Walking between the Tourist office and the crowded Tapas Alley, her shoulder bag was unzipped and her small purse removed. It contained her debit card, EHIC card and about €80.
Watch out!
John


----------



## Pauljenny (Feb 21, 2016)

Bu99er!

It could happen to anyone.. Look upon it as if you have made an involuntary charitable donation to the local needy population.

I found out that we'd made a similar donation when I needed my 3 metre ladder.

What doesn't kill you, makes you stronger.


----------



## vindiboy (Feb 21, 2016)

siimplyloco said:


> Walking between the Tourist office and the crowded Tapas Alley, her shoulder bag was unzipped and her small purse removed. It contained her debit card, EHIC card and about €80.
> Watch out!
> John


  Sorry to hear that where exactly were you , Benidorm?


----------



## jeanette (Feb 21, 2016)

Sorry to hear that but pleased that you are safe


----------



## yorkieowl (Feb 21, 2016)

Sorry to hear this.  I always keep my bag in front of me when out walking where there are other people,  simply because I nearly had the same happen to me, I was lucky as they only managed to get the zip half open before I noticed, came as a big shock as I had always thought I was being careful,  they are very good at it, especially if you are distracted even slightly.


----------



## Teutone (Feb 21, 2016)

my wife thinks I am paranoid when I tell her to wear her small hback pack at the front in certain busy places like Rome or Venice. Hope she doesn't learn it the hard way. :scared:


----------



## trevskoda (Feb 21, 2016)

Sorry to hear that,my wife never uses a h/bag for that same thing,wear a small purse in yes your smalls .


----------



## mickymost (Feb 21, 2016)

Yes glad you both safe.A horrible thing to happen hope Mrs Jan is ok ?

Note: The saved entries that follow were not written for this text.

-- ===== src/Flow/Build/Depth.antt =====
-- How deep a flow tree is (internal/flow/flow.go).
use interactivecodebase.Base.{
  ℕ, suc, ◌+◌, ◌-◌, ◌≤◌, max, ◌≡◌, subst, inl, inr, String, ◌==◌, string_eq, nat_eq, Bool, true,
  false, Option, none, some, List, [], ◌∷◌, map, All, All-append, All-map, arith, ok, >>=-eq-ok,
  Result-cases, Bool-cases, if◌then◌else◌,
}
use interactivecodebase.Graph.Kinds.{queries}
use interactivecodebase.Graph.Model.{Node, Edge}
use interactivecodebase.Graph.Query.{Neighbor, out}
use interactivecodebase.Graph.Reader.{Reader}
use interactivecodebase.Flow.Tree.{
  Info, Step, step, Steps, nil, cons, of_list, plain, is_sink, visit, visit_all,
}
use interactivecodebase.Flow.Branches.{group_parallel}
use interactivecodebase.Flow.Branches.Grouped.{group_parallel-All}
use interactivecodebase.Flow.Build.{
  Options, in_graph, Marks, count_call, add_tables, shallow, expand_handlers, with_defaults,
  no_marks, build,
}
use interactivecodebase.Flow.Build.Cases.{Spec, finished, expand_handlers_rule, build-eq-ok}

mutual
  height : Step → ℕ
  height (step i ss) = heights ss

  heights : Steps → ℕ
  heights nil = 0
  heights (cons s ss) = max (suc (height s)) (heights ss)

mutual
  unfolding height visit

  visit-height : (depth : ℕ) (s : Step) → All (λ v. v.1 ≤ depth + height s) (visit depth s)
  visit-height depth (step i ss) =
      (omega arith, visit_all-heights depth (heights ss) ss (omega arith))

  visit_all-heights :
      (depth bound : ℕ) (ss : Steps)
      → heights ss ≤ bound
      → All (λ v. v.1 ≤ depth + bound) (visit_all (suc depth) ss)
  visit_all-heights depth bound nil h = tt
  visit_all-heights depth bound (cons s ss) h =
      All-append (λ v. v.1 ≤ depth + bound) (visit (suc depth) s) (visit_all (suc depth) ss)
        (All-map (λ v. v.1 ≤ suc depth + height s) (λ v. v.1 ≤ depth + bound) (visit (suc depth) s)
          (λ v le. omega arith) (visit-height (suc depth) s))
        (visit_all-heights depth bound ss (omega arith))

abbrev AtMost : ℕ → Step → Type 0
AtMost k s = height s ≤ k

heights-of_list : (k : ℕ) (ss : List Step) → All (AtMost k) ss → heights (of_list ss) ≤ suc k
unfolding height
heights-of_list k [] h = omega arith
heights-of_list k (s ∷ ss) h = omega (arith, heights-of_list k ss h.1)

count_call-AtMost :
    (k : ℕ) (id : String) (ss : List Step) → All (AtMost k) ss → All (AtMost k) (count_call id ss)
unfolding count_call height
count_call-AtMost k id [] h = tt
count_call-AtMost k id (step i ss ∷ rest) h = ground (arith, count_call-AtMost k id rest h.1)

abbrev OptionAtMost : ℕ → Option Step → Type 0
OptionAtMost k none = Unit
OptionAtMost k (some s) = AtMost k s

leaves-AtMost :
    (nbs : List Neighbor) → All (AtMost 0) (map (λ nb. step (plain nb.node nb.edge) nil) nbs)
unfolding height
leaves-AtMost [] = tt
leaves-AtMost (nb ∷ nbs) = (omega arith, leaves-AtMost nbs)

weaken : (k l : ℕ) (o : Option Step) → k ≤ l → OptionAtMost k o → OptionAtMost l o
weaken k l none le h = tt
weaken k l (some s) le h = omega arith

cut-AtMost : (i : Info) → AtMost 1 (step i nil)
unfolding height
cut-AtMost i = omega arith

if-OptionAtMost :
    (k : ℕ) (b : Bool) (s : Step) → AtMost k s → OptionAtMost k (if b then none else some s)
if-OptionAtMost k true s h = tt
if-OptionAtMost k false s h = h

module _ (g : Reader) (opts : Options) where
  add_tables-AtMost : (i : Info) (s : Step) → add_tables g opts i ≡ ok s → AtMost 1 s
  unfolding add_tables height
  add_tables-AtMost i s h =
      let (nbs, listed, made) =
        >>=-eq-ok (in_graph (g.adjacent i.node.id out (queries ∷ []))) _ h in
      let leaves = map (λ nb. step (plain nb.node nb.edge) nil) nbs in
      let flat = heights-of_list 0 leaves (leaves-AtMost nbs) in
      let same : step i (of_list leaves) ≡ s = cc in subst (AtMost 1) same flat

  shallow-AtMost :
      (n : Node) (e : Edge) (path : List String) (m m' : Marks) (o : Option Step)
      → shallow g opts n e path m ≡ some (ok (o, m'))
      → OptionAtMost 1 o
  unfolding shallow height
  shallow-AtMost n e path m m' none h = tt
  shallow-AtMost n e path m m' (some s) h = elim (Bool-cases (is_sink n)) [
    | inl sink ↦ elim (Result-cases (add_tables g opts (plain n e))) [
      | inl (x, failed) ↦ ground arith
      | inr (t, added) ↦ let low = add_tables-AtMost (plain n e) t added in ground arith
    ]
    | inr inner ↦ ground arith
  ]

  finished-AtMost :
      (room : ℕ) (n : Node) (e : Edge) (m m' : Marks) (kids : List Step)
      → All (AtMost (suc room)) kids
      → OptionAtMost (suc (suc room)) (finished g opts n e kids m')
  unfolding height
  finished-AtMost room n e m m' kids h =
      let low =
        heights-of_list (suc room) (group_parallel kids)
          (group_parallel-All (AtMost (suc room)) kids h) in
      if-OptionAtMost (suc (suc room)) _ _ low

  depths : Spec g opts
  depths = record {
    Post = λ room n m o m'. OptionAtMost (suc room) o;
    Loop = λ room n m kids m'. All (AtMost (suc room)) kids;
    on_shallow = λ room n e path m m' o h.
        weaken 1 (suc room) o (omega arith) (shallow-AtMost n e path m m' o h);
    on_limit = λ n e m. cut-AtMost (record (plain n e) { truncated = true });
    on_start = λ room n m new. tt;
    on_count = λ room n m m' kids id h. count_call-AtMost (suc room) id kids h;
    on_none = λ room n m m1 m2 kids nbs nb listed here h p. h;
    on_some = λ room n m m1 m2 kids nbs nb s listed here run first h p.
        All-append (AtMost (suc room)) kids (s ∷ []) h (p, tt);
    on_end = finished-AtMost;
  }

  handlers-AtMost :
      (room : ℕ) (root : String) (hs : List Neighbor) (kids : List Step)
      → expand_handlers g opts room root hs [] no_marks ≡ ok kids
      → All (AtMost (suc room)) kids
  unfolding depths
  handlers-AtMost room root hs kids h =
      (expand_handlers_rule g opts depths (λ k m. All (AtMost (suc room)) k) room root hs
        (λ n k m m' here low p. low)
        (λ n k m m' s here low p. All-append (AtMost (suc room)) k (s ∷ []) low (p, tt)) hs [] kids
        no_marks (λ nb here. here) tt h).1

default_depth : (k : ℕ) → suc ((if k == 0 then 16 else k) - 1) ≡ (if k == 0 then 16 else k)
unfolding nat_eq
default_depth k = ground arith

with_defaults-depth :
    (root : Node) (opts : Options)
    → suc ((with_defaults root opts).max_depth - 1)
      ≡ (if opts.max_depth == 0 then 16 else opts.max_depth)
unfolding with_defaults
with_defaults-depth root opts = default_depth opts.max_depth

-- The steps of a tree that `build` returns are not deeper than MaxDepth + 1 (16 + 1 where MaxDepth is 0): the
-- steps at the limit are cut off, and only the tables of a sink hang one below it.
pub build_depth :
    (g : Reader) (id : String) (opts : Options) (s : Step)
    → build g id opts ≡ ok s
    → All (λ v. v.1 ≤ (if opts.max_depth == 0 then 16 else opts.max_depth) + 1) (visit 0 s)
unfolding height
build_depth g id opts s h =
    let b = build-eq-ok g id opts s h in
    let o = with_defaults b.root opts in
    let low = handlers-AtMost g o (o.max_depth - 1) b.root.id b.handlers b.kids b.walked in
    let flat = heights-of_list (suc (o.max_depth - 1)) b.kids low in
    let short : height s ≤ suc (suc (o.max_depth - 1)) = rw b.tree flat in
    All-map _ _ (visit 0 s) (λ v le. omega (arith, le, short, with_defaults-depth b.root opts))
      (visit-height 0 s)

*what goes around comes around* scum of the earth people like that!:mad1:


----------



## GWAYGWAY (Feb 21, 2016)

Roma do not like a handful of fish hooks.  Fill your handbag with a load all tied in together and go back, so they can have a second go.
Should be quite amusing when they get caught up and try and run.


----------



## snowbirds (Feb 22, 2016)

Sorry to here that John but can happen anywhere,

Regards.John & Pat.





siimplyloco said:


> Walking between the Tourist office and the crowded Tapas Alley, her shoulder bag was unzipped and her small purse removed. It contained her debit card, EHIC card and about €80.
> Watch out!
> John


----------



## Siimplyloco (Feb 22, 2016)

vindiboy said:


> Sorry to hear that where exactly were you , Benidorm?



Benidorm, just around lunchtime.


----------